これは訪問する季節を間違えたなあ。冬に来ないと薮で進めないですわ。

「上田市指定文化財調査報告書」に測量した図面が載っていたので、その図面と過去の写真を元に発電所の様子を図にしてみた。

図に発電所の建物を追加して描いたが、もう建物は残っていない。1980年代の書籍にはまだ発電機の水車が残っていると書かれていた。上田市の文化財のウェブサイトには発電機の写真も掲載されているが、現在も残っているのだろうか。

今回私が確認できたのは多分、調節タンクの右側にある(A)地点までだと思う。
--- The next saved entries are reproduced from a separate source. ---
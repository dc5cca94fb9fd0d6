-- ===== src/MigrateCommand.antt =====
-- backend/cmd/migrate/main.go: the command line of the migration runner, as what it prints on the
-- standard output, its exit status, and the database after it. The configuration and the connection
-- are given, as whether each succeeds, with the directory of the embedded migrations; `create` is what
-- migrate.Create does, the two paths or an error. The messages on the standard error are left out.
pub mod Laws
use ai_it_dab_com.Prelude.{
  ℕ, String, Bool, true, false, Option, none, some, List, [], ◌∷◌, map, ◌==◌, ◌||◌, if◌then◌else◌,
  concat, is_empty,
}
use ai_it_dab_com.Prelude.Int.{ℤ, pos, positive}
use ai_it_dab_com.Prelude.Strconv.{atoi}
use ai_it_dab_com.Migrate.{
  Migration, Status, MigrateDb, Outcome, up, down, get_status, current_version,
}
use ai_it_dab_com.Migrate.Files.{Entry, Loaded, loaded, refused, load}

pub record Exit : Type 0 where
  pub printed : List String
  pub code : ℕ

abbrev pub exit : ℕ → Exit
exit code = record { printed = []; code = code }

abbrev pub print : List String → Exit
print lines = record { printed = lines; code = 0 }

abbrev pub line : List String → String
line parts = concat parts

-- `strings.Join(args, " ")`
abbrev pub joined : List String → String
joined [] = ""
joined (a ∷ []) = a
joined (a ∷ b ∷ rest) = concat (a ∷ " " ∷ joined (b ∷ rest) ∷ [])

-- What follows exitOn: the versions, or a line where there are none.
abbrev pub report : String → String → Outcome → Exit
report word nothing o = elim o.failure [
  | some e ↦ exit 1
  | none ↦
      if is_empty o.versions
      then print (nothing ∷ [])
      else print (map (λ v. line (word ∷ " " ∷ v ∷ [])) o.versions)
]

abbrev pub status_line : Status → String
status_line s =
    line ((if s.applied then "applied" else "pending") ∷ " " ∷ s.version ∷ "_" ∷ s.name ∷ [])

abbrev pub report_status : Option (List Status) → Exit
report_status none = exit 1
report_status (some st) = print (map status_line st)

abbrev pub report_version : Option String → Exit
report_version none = exit 1
report_version (some v) = if v == "" then print ("(no migrations applied)" ∷ []) else print (v ∷ [])

-- The argument of down: one step without it, and nothing where it is no positive integer.
abbrev pub count_of : Option ℤ → Option ℕ
count_of none = none
count_of (some n) = positive n

abbrev pub steps_of : List String → Option ℕ
steps_of [] = some 1
steps_of (a ∷ rest) = count_of (atoi a)

abbrev pub create_report : Option (String × String) → Exit
create_report none = exit 1
create_report (some (up_path, down_path)) =
    print (line ("created " ∷ up_path ∷ []) ∷ line ("created " ∷ down_path ∷ []) ∷ [])

unfoldable pub run_create : (create : String → Option (String × String)) → List String → Exit
run_create create [] = exit 2
run_create create (a ∷ rest) = create_report (create (joined (a ∷ rest)))

module _ {Schema : Type 0} (exec : String → Schema → Option Schema) where
  abbrev pub run_steps : List Migration → Option ℕ → MigrateDb Schema → Exit × MigrateDb Schema
  run_steps migs none s = (exit 2, s)
  run_steps migs (some n) s =
      let (o, t) = down exec migs (pos n) s in (report "reverted" "nothing to roll back" o, t)

  abbrev pub run_loaded :
      String → List String → Loaded (List Migration) → MigrateDb Schema → Exit × MigrateDb Schema
  run_loaded cmd args (refused e) s = (exit 1, s)
  run_loaded cmd args (loaded migs) s =
      if cmd == "up"
      then (let (o, t) = up exec migs s in (report "applied" "already up to date" o, t))
      else if cmd == "down"
      then run_steps migs (steps_of args) s
      else if cmd == "status"
      then (let (st, t) = get_status migs s in (report_status st, t))
      else (let (v, t) = current_version s in (report_version v, t))

  module _ (configured connects : Bool) (directory : Option (List Entry)) where
    unfoldable pub run_db : String → List String → MigrateDb Schema → Exit × MigrateDb Schema
    run_db cmd args s =
        if configured
        then (if connects then run_loaded cmd args (load directory) s else (exit 1, s))
        else (exit 1, s)

    module _ (create : String → Option (String × String)) where
      -- os.Args without the program's name
      unfoldable pub main : List String → MigrateDb Schema → Exit × MigrateDb Schema
      main [] s = (exit 2, s)
      main (cmd ∷ args) s =
          if cmd == "create"
          then (run_create create args, s)
          else if cmd == "up" || cmd == "down" || cmd == "status" || cmd == "version"
          then run_db cmd args s
          else if cmd == "-h" || cmd == "--help" || cmd == "help"
          then (exit 0, s)
          else (exit 2, s)
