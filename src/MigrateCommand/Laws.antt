-- ===== src/MigrateCommand/Laws.antt =====
-- What a usage error leaves alone.
use ai_it_dab_com.Prelude.{
  String, ◌≡◌, ◌≢◌, refl, Bool, Bool-cases, Option, none, some, List, [], ◌∷◌, ◌==◌, ◌||◌, inl, inr,
  arith, Option-cases, is_empty,
}
use ai_it_dab_com.Prelude.Int.{ℤ}
use ai_it_dab_com.Migrate.{
  Migration, Status, MigrateDb, Outcome, up, down, get_status, current_version,
}
use ai_it_dab_com.Migrate.Files.{Entry, Loaded, loaded, refused, load}
use ai_it_dab_com.MigrateCommand.{
  report, report_status, report_version, steps_of, run_loaded, run_db, main,
}

report_code : (word nothing : String) (o : Outcome) → (report word nothing o).code ≢ 2
report_code word nothing o = elim (Option-cases o.failure) [
  | inr (e, failed) ↦ rw failed (λ h. omega arith)
  | inl fine ↦ elim (Bool-cases (is_empty o.versions)) [
    | inl idle ↦ rw (fine, idle) (λ h. omega arith)
    | inr busy ↦ rw (fine, busy) (λ h. omega arith)
  ]
]

report_status_code : (st : Option (List Status)) → (report_status st).code ≢ 2
report_status_code none h = omega arith
report_status_code (some st) h = omega arith

report_version_code : (v : Option String) → (report_version v).code ≢ 2
report_version_code none = λ h. omega arith
report_version_code (some v) = elim (Bool-cases (v == "")) [
  | inl unset ↦ rw unset (λ h. omega arith)
  | inr set ↦ rw set (λ h. omega arith)
]

module _ {Schema : Type 0} (exec : String → Schema → Option Schema) where
  run_loaded_usage :
      (cmd : String) (args : List String) (l : Loaded (List Migration)) (s : MigrateDb Schema)
      → (run_loaded exec cmd args l s).0.code ≡ 2
      → (run_loaded exec cmd args l s).1 ≡ s
  run_loaded_usage cmd args (refused e) s h = absurd (omega arith)
  run_loaded_usage cmd args (loaded migs) s h = elim (Bool-cases (cmd == "up")) [
    | inl is_up ↦
        absurd (report_code "applied" "already up to date" (up exec migs s).0 (rw is_up at h))
    | inr not_up ↦ elim (Bool-cases (cmd == "down")) [
      | inl is_down ↦ elim (Option-cases (steps_of args)) [
        | inl bad ↦ rw (not_up, is_down, bad) refl
        | inr (n, good) ↦ absurd (
            report_code "reverted" "nothing to roll back" (down exec migs (ℤ.pos n) s).0
              (rw (not_up, is_down, good) at h))
      ]
      | inr not_down ↦ elim (Bool-cases (cmd == "status")) [
        | inl is_status ↦
            absurd
              (report_status_code (get_status migs s).0 (rw (not_up, not_down, is_status) at h))
        | inr not_status ↦
            absurd
              (report_version_code (current_version s).0 (rw (not_up, not_down, not_status) at h))
      ]
    ]
  ]

  -- A command line that ends with the status 2, for a usage error, leaves the database as it was.
  pub main_usage :
      (configured connects : Bool) (directory : Option (List Entry))
      (create : String → Option (String × String)) (args : List String) (s : MigrateDb Schema)
      → (main exec configured connects directory create args s).0.code ≡ 2
      → (main exec configured connects directory create args s).1 ≡ s
  unfolding main run_db
  main_usage configured connects directory create [] s h = refl
  main_usage configured connects directory create (cmd ∷ args) s h =
      elim (Bool-cases (cmd == "create")) [
        | inl making ↦ rw making refl
        | inr other ↦
            elim (Bool-cases
              (cmd == "up" || cmd == "down" || cmd == "status" || cmd == "version")) [
                | inl runs ↦ elim (Bool-cases configured) [
                  | inl set ↦ elim (Bool-cases connects) [
                    | inl up_ ↦
                        let h' = rw (other, runs, set, up_) at h in
                        rw (other, runs, set, up_) (run_loaded_usage cmd args (load directory) s h')
                    | inr down_ ↦ rw (other, runs, set, down_) refl
                  ]
                  | inr unset ↦ rw (other, runs, unset) refl
                ]
                | inr unknown ↦
                    elim (Bool-cases (cmd == "-h" || cmd == "--help" || cmd == "help")) [
                      | inl help ↦ rw (other, unknown, help) refl
                      | inr bad ↦ rw (other, unknown, bad) refl
                    ]
              ]
      ]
私はこの写真の位置で引き返したので、奥の様子は確認できなかった。
冬に来れば、調節タンクの周囲も歩けるのだろうか。

引き返しながら、鉄管の下部を撮影した。
錆びて底が抜けている。

後で書籍を見て知ったのだが、この発電所跡のある土地は私有地だという。改めて上田市の資料(2019年作成)を見ても、やはり現在の文化財所有者は「個人」と書かれている。そうなると勝手に遺構の近くを歩き回らない方がよさそうな気がするな。

発電所稼働時には川の反対側に行けるように歩行者用の吊り橋が掛けられていたという。発電所関係者だけでなく地元の人も利用していたらしいが、発電所の休止後撤去されたそうだ。
川原に下りる小道はどこかにあると思うので、いつか川原を確認してみたい。

【参考】
 「神科村誌」(神科村誌編集委員会編/神科村誌刊行会/1968)
 「上田市指定文化財調査報告書 第12号」(上田市教育委員会社会教育課編/上田市教育委員会/1983)
 「産業考古学 第27号」(産業遺産学会/1983年3月)
 「畑山区史」(香山祐三郎編・発行/1985)(非売品)

土木建造物

Posted by Sakyo K.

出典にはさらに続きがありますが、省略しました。